С математикой было хуже. Юра Васильев, читавший с шести до семи утра каждый день Диккенса в подлиннике, для чего его дневальные будили в пять пятьдесят пять, никак не хотел согласиться с тем, что квадрат гипотенузы равен сумме квадратов двух катетов. Мы с ним начали с интегралов и дошли до Пифагора, имея целью, видимо, таблицу умножения.
– Юра, блин! – кипел я.
– Папа! – говорил он мне и фальшиво плакал, а потом он еще раз кричал, – ПАПА!!! – и уже падал мне на грудь.
Так что в училище меня называли «Папой».
В училище было много кличек. Меня звали «Папой» или «Папулей». Лобова – «Лобычем» или «Лбом». Минькова – «Миней» или «Миндозой», Маратика Бекмурзина – «Маратадзе, Чавчавадце, Коки» (это я придумал), Юру Васильева – «Васей», а Вову Шелковникова – почему-то «Петей».
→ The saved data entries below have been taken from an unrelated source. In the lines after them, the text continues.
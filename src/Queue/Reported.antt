-- ===== src/Queue/Reported.antt =====
-- The status that the report on a job leaves in its row.
use shade.Shared.{
  ℕ, String, ◌≡◌, refl, ◌⊎◌, inl, inr, List, [], ◌∷◌, arith, ◌==◌, eq_iff, leb, Bool-cases,
  Option-cases, All,
}
use shade.Queue.{ServiceJob, Tables, update_job, get_job, fail}

module _ {P R : Type 0} where
  -- Every row of this id.
  abbrev pub OnRow : (ServiceJob P R → Type 0) → String → List (ServiceJob P R) → Type 0
  OnRow Q id jobs = All (λ j. j.job_id ≡ id → Q j) jobs

  pub update_job-OnRow :
      (Q : ServiceJob P R → Type 0) (id : String) (change : ServiceJob P R → ServiceJob P R)
      (jobs : List (ServiceJob P R))
      → ((j : ServiceJob P R) → Q (change j))
      → OnRow Q id (update_job id change jobs)
  unfolding update_job
  update_job-OnRow Q id change [] h = tt
  update_job-OnRow Q id change (j ∷ jobs) h = (
    elim (Bool-cases (j.job_id == id)) [
      | inl hit ↦ rw hit (λ e. h j)
      | inr miss ↦ rw miss (λ e. absurd (ground (arith, eq_iff j.job_id id)))
    ],
    update_job-OnRow Q id change jobs h,
  )

  abbrev pub IsFailed : ServiceJob P R → Type 0
  IsFailed j = (j.status ≡ "failed") ⊎ (j.status ≡ "failed_retry")

  -- After a failure, for good or for another attempt.
  pub fail-IsFailed :
      (t : Tables P R) (id error : String) (now backoff : ℕ)
      → OnRow IsFailed id (fail t id error now backoff).jobs
  unfolding fail
  fail-IsFailed t id error now backoff = elim (Option-cases (get_job id t.jobs)) [
    | inl e ↦ rw (e, fail) (update_job-OnRow IsFailed id _ t.jobs (λ j. inl refl))
    | inr (k, e) ↦ elim (Bool-cases (leb k.max_attempts k.attempts)) [
      | inl spent ↦ rw (e, spent, fail) (update_job-OnRow IsFailed id _ t.jobs (λ j. inl refl))
      | inr left ↦ rw (e, left, fail) (update_job-OnRow IsFailed id _ t.jobs (λ j. inr refl))
    ]
  ]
Не оброс вовремя волосами – значит, ты у нас будешь «Лысым».
Перетянули в училище из института – значит, ты навсегда «Студент».
Юрку Колесникова звали «Колесо».
– Колесо, Колесо, – говорил ему преподаватель физической культуры майор Стожик, обладатель только одного легкого, второе ампутировали, – Колесо, встал на краюшке, вытянулся весь, и не смотрим вниз, и падаем.
Это у нас идут занятия в бассейне. Надо прыгнуть с пятиметровой вышки.
Юра отчаянно кивает головой, стоя на самом краюшке.
Потом он падает. Плашмя – туча брызг, майор Стожик стряхивает воду с середины штанов, а Юра всплывает из пучины, как лист фанеры, из стороны в сторону, после чего он, красный телом, опять лезет на вышку – надо прыгнуть правильно, зачет.
– Колесо, Колесо, аккуратней. Да не смотри ты вниз!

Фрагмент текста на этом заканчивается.